In what proportion of the simulations did the \(A_2\) allele go to fixation (reach a frequency of 1)? How does this compare to what the fixation probability of a neutral allele?

  1. Now we will investigate the fixation probability of single-copy beneficial mutations. Fill in the following table with the proportion of \(10,000\) simulations that result in fixation of allele \(A_2\). **Be sure to always set q0 = 1/(2*N). The left-most column gives fitness values for \(A_1A_2\) and \(A_2A_2\) genotypes:
Fitnesses (\(w_1\) always equals 1.0) \(N = 50\) \(N = 100\) \(N = 1000\)
\(w_2 = 1.0005\), \(w_3 = 1.001\)
\(w_2 = 1.005\), \(w_3 = 1.01\)
\(w_2 = 1.05\), \(w_3 = 1.1\)
  1. Recall that the selection coefficient, \(s\) is equal to the genotypic fitness values minus \(1\) (i.e., if the fitness of the heterozygote \(A_1A_2\) genotype is \(w_{2} = 1.05\), then \(s_{het} = 0.05\)).

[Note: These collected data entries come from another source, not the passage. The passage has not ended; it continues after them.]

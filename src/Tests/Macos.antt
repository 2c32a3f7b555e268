-- ===== src/Tests/Macos.antt =====
-- The crate tuntap on macOS.
use tache_rs.Prelude.{◌≡◌, refl, arith, some, inr, List, [], ◌∷◌, ap, sym, ◌⊎◌}
use tache_rs.Std.Io.{IoError}
use tache_rs.Std.Exec.{ok, err}
use tache_rs.Std.Int.{ℤ, pos, negsuc}
use tache_rs.Std.Text.{text}
use tache_rs.Std.Array.{overwrite}
use tache_rs.Std.Parse.{parse_i32}
use tache_rs.Samples.{loopback}
use tache_rs.Tuntap.Error.{name_too_long, invalid_name, invalid_number}
use tache_rs.Tuntap.SockAddr.{Sockaddr}
use tache_rs.Tuntap.Device.{put_addr, request, copy_name}
use tache_rs.Tuntap.Builder.{Configuration, interface_name, default}
use tache_rs.Tuntap.Opening.Held.{Keeps}
use tache_rs.Tuntap.Macos.{
  Ioctls, address, set_address, destination, set_destination, broadcast, set_broadcast, netmask,
  set_netmask, mtu, set_mtu,
}
use tache_rs.Tuntap.Macos.Create.{Creation, unit_of, new}
use tache_rs.Tuntap.Macos.Held.{HoldsUtun, utun-Keeps}
use tache_rs.Tuntap.Macos.Settings.{KeepsSettings, utun_read_back}
use tache_rs.Tests.Interfaces.{Interface, down, tun0, stored, refusing_host, refusing_host-Holds}

abbrev one_utun : Ioctls Interface
one_utun = record {
  siocgifflags = λ fd name k. (inr k.flags, k);
  siocsifflags = λ fd name v k. (inr tt, record k { flags = v });
  siocgifaddr = λ fd name k. (inr k.addr, k);
  siocsifaddr = λ fd name v k. (inr tt, record k { addr = v });
  siocgifdstaddr = λ fd name k. (inr k.dst, k);
  siocsifdstaddr = λ fd name v k. (inr tt, record k { dst = v });
  siocgifbrdaddr = λ fd name k. (inr k.brd, k);
  siocsifbrdaddr = λ fd name v k. (inr tt, record k { brd = v });
  siocgifnetmask = λ fd name k. (inr (record k.mask { sa_family = 0 }), k);
  siocsifnetmask = λ fd name v k. (inr tt, record k { mask = v });
  siocgifmtu = λ fd name k. (inr k.size, k);
  siocsifmtu = λ fd name v k. (inr tt, record k { size = v });
  siocaifaddr = λ fd name a b m k. (inr tt, record k { addr = a; brd = b; mask = m });
}

one_utun-KeepsSettings : KeepsSettings one_utun
one_utun-KeepsSettings = record {
  addr = λ fd name value k k' h.
      ap (λ (x : Sockaddr). (inr x, k'))
        (sym (ap (λ (p : (IoError ⊎ Unit {0}) × Interface). p.1.addr) h));
  dstaddr = λ fd name value k k' h.
      ap (λ (x : Sockaddr). (inr x, k'))
        (sym (ap (λ (p : (IoError ⊎ Unit {0}) × Interface). p.1.dst) h));
  brdaddr = λ fd name value k k' h.
      ap (λ (x : Sockaddr). (inr x, k'))
        (sym (ap (λ (p : (IoError ⊎ Unit {0}) × Interface). p.1.brd) h));
  netmask = λ fd name value k k' h. (
    0,
    ap (λ (x : Sockaddr). (inr (record x { sa_family = 0 }), k'))
        (sym (ap (λ (p : (IoError ⊎ Unit {0}) × Interface). p.1.mask) h)),
  );
  mtu = λ fd name value k k' h.
      ap (λ (x : ℤ). (inr x, k')) (sym (ap (λ (p : (IoError ⊎ Unit {0}) × Interface). p.1.size) h));
}

set_address_done : set_address one_utun tun0 loopback down ≡ (ok tt, record down { addr = stored })
unfolding set_address put_addr request copy_name overwrite
set_address_done = refl

set_destination_done :
    set_destination one_utun tun0 loopback down ≡ (ok tt, record down { dst = stored })
unfolding set_destination put_addr request copy_name overwrite
set_destination_done = refl

set_broadcast_done :
    set_broadcast one_utun tun0 loopback down ≡ (ok tt, record down { brd = stored })
unfolding set_broadcast put_addr request copy_name overwrite
set_broadcast_done = refl

set_netmask_done : set_netmask one_utun tun0 loopback down ≡ (ok tt, record down { mask = stored })
unfolding set_netmask put_addr request copy_name overwrite
set_netmask_done = refl

set_mtu_done : set_mtu one_utun tun0 (pos 1400) down ≡ (ok tt, record down { size = pos 1400 })
unfolding set_mtu request copy_name overwrite
set_mtu_done = refl

utun_read_back_example :
    (address one_utun tun0 (record down { addr = stored })
      ≡ (ok loopback, record down { addr = stored }))
    × (destination one_utun tun0 (record down { dst = stored })
        ≡ (ok loopback, record down { dst = stored }))
    × (broadcast one_utun tun0 (record down { brd = stored })
        ≡ (ok loopback, record down { brd = stored }))
    × (netmask one_utun tun0 (record down { mask = stored })
        ≡ (ok loopback, record down { mask = stored }))
    × (mtu one_utun tun0 (record down { size = pos 1400 })
        ≡ (ok (pos 1400), record down { size = pos 1400 }))
utun_read_back_example =
    utun_read_back one_utun tun0 loopback loopback loopback loopback (pos 1400) down
      (record down { addr = stored }) (record down { dst = stored }) (record down { brd = stored })
      (record down { mask = stored }) (record down { size = pos 1400 }) one_utun-KeepsSettings
      (omega arith) (omega arith) (omega arith) (omega arith) (omega arith) set_address_done
      set_destination_done set_broadcast_done set_netmask_done set_mtu_done

-- A system that makes an interface and then refuses to configure it. The state is the descriptors.
abbrev refusing : Creation (List ℤ)
refusing = record {
  host = refusing_host;
  socket_system = λ k. (pos 3, pos 3 ∷ k);
  ctliocginfo = λ fd name k. (inr 7, k);
  connect = λ fd addr k. (inr tt, k);
  getsockopt = λ fd k. (inr (text "utun4"), k);
}

refusing-HoldsUtun : HoldsUtun refusing (λ k. k)
refusing-HoldsUtun = record {
  host = refusing_host-Holds;
  socket_system = λ k. refl;
  ctliocginfo = λ fd name k. refl;
  connect = λ fd addr k. refl;
  getsockopt = λ fd k. refl;
}

abbrev utun4_config : Configuration
utun4_config = interface_name (text "utun4") default

utun-Keeps_example :
    Keeps refusing_host (λ k. k) (pos 0 ∷ []) (new refusing utun4_config (pos 0 ∷ []))
utun-Keeps_example = utun-Keeps refusing (λ k. k) utun4_config (pos 0 ∷ []) refusing-HoldsUtun

unit_names :
    (unit_of (some (text "utun4")) ≡ ok (pos 4))
    × (unit_of (some (text "utun-1")) ≡ ok (negsuc 0))
    × (unit_of (some (text "utun")) ≡ err invalid_number)
    × (unit_of (some (text "tun0")) ≡ err invalid_name)
    × (unit_of (some (text "utun0000000000004")) ≡ err name_too_long)
unfolding unit_of parse_i32
unit_names = (refl, refl, refl, refl, refl)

From your results above, can you come up with a ‘rule of thumb’ for when the allele frequency dynamics become more deterministic (as in Exercise 1), and when the dynamics are more dominated by genetic drift? Take a careful look at the fixation probabilities as you try to figure this out. Can you also come up with an approximation for the fixation probability of a beneficial mutation from these data?

Try to come up with simple mathematical expressions for both the threshold where selection begins to dominate drift, and for the fixation probability of beneficial mutations using the parameters \(N\) and \(s_{het}\).

Discussion questions
  • What happened as you increased either the population size, the strength of selection, or both?
  • At what point did the dynamics transition from being dominanted by drift vs. selection? What was your ‘rule of thumb’?
  • Could you come up with an approximation for the fixation probability of a single beneficial mutation? What was it?
  • Do beneficial alleles always go to fixation in finite populations?
    • What does this tell you about the idea of natural selection as a ‘hill-climbing’ or optimization algorithm that inevitably finds the global fitness optimum?

Writing up your lab report

Lab Report Instructions
  • Write your lab report as a group, remember to include all names/student numbers.
  • For each Exercise (1-4) include the following in your report:
    • Write about 1/2 page addressing the discussion questions at the end of each exercise.
    • Be sure to refer to and describe any aspects of the exercises that you did which are relevant for answering the discussion questions.
    • Including figures is fine, but don’t go crazy.
    • You don’t need to include your code, though if you’ve used a Jupyter notebook for your work it may be easier to submit the whole notebook.
  • Grading the reports is easier if each member of the group submits a copy of the same report on Canvas (but one last time, it is important to include all names/numbers, so I can keep track of who was in which group!).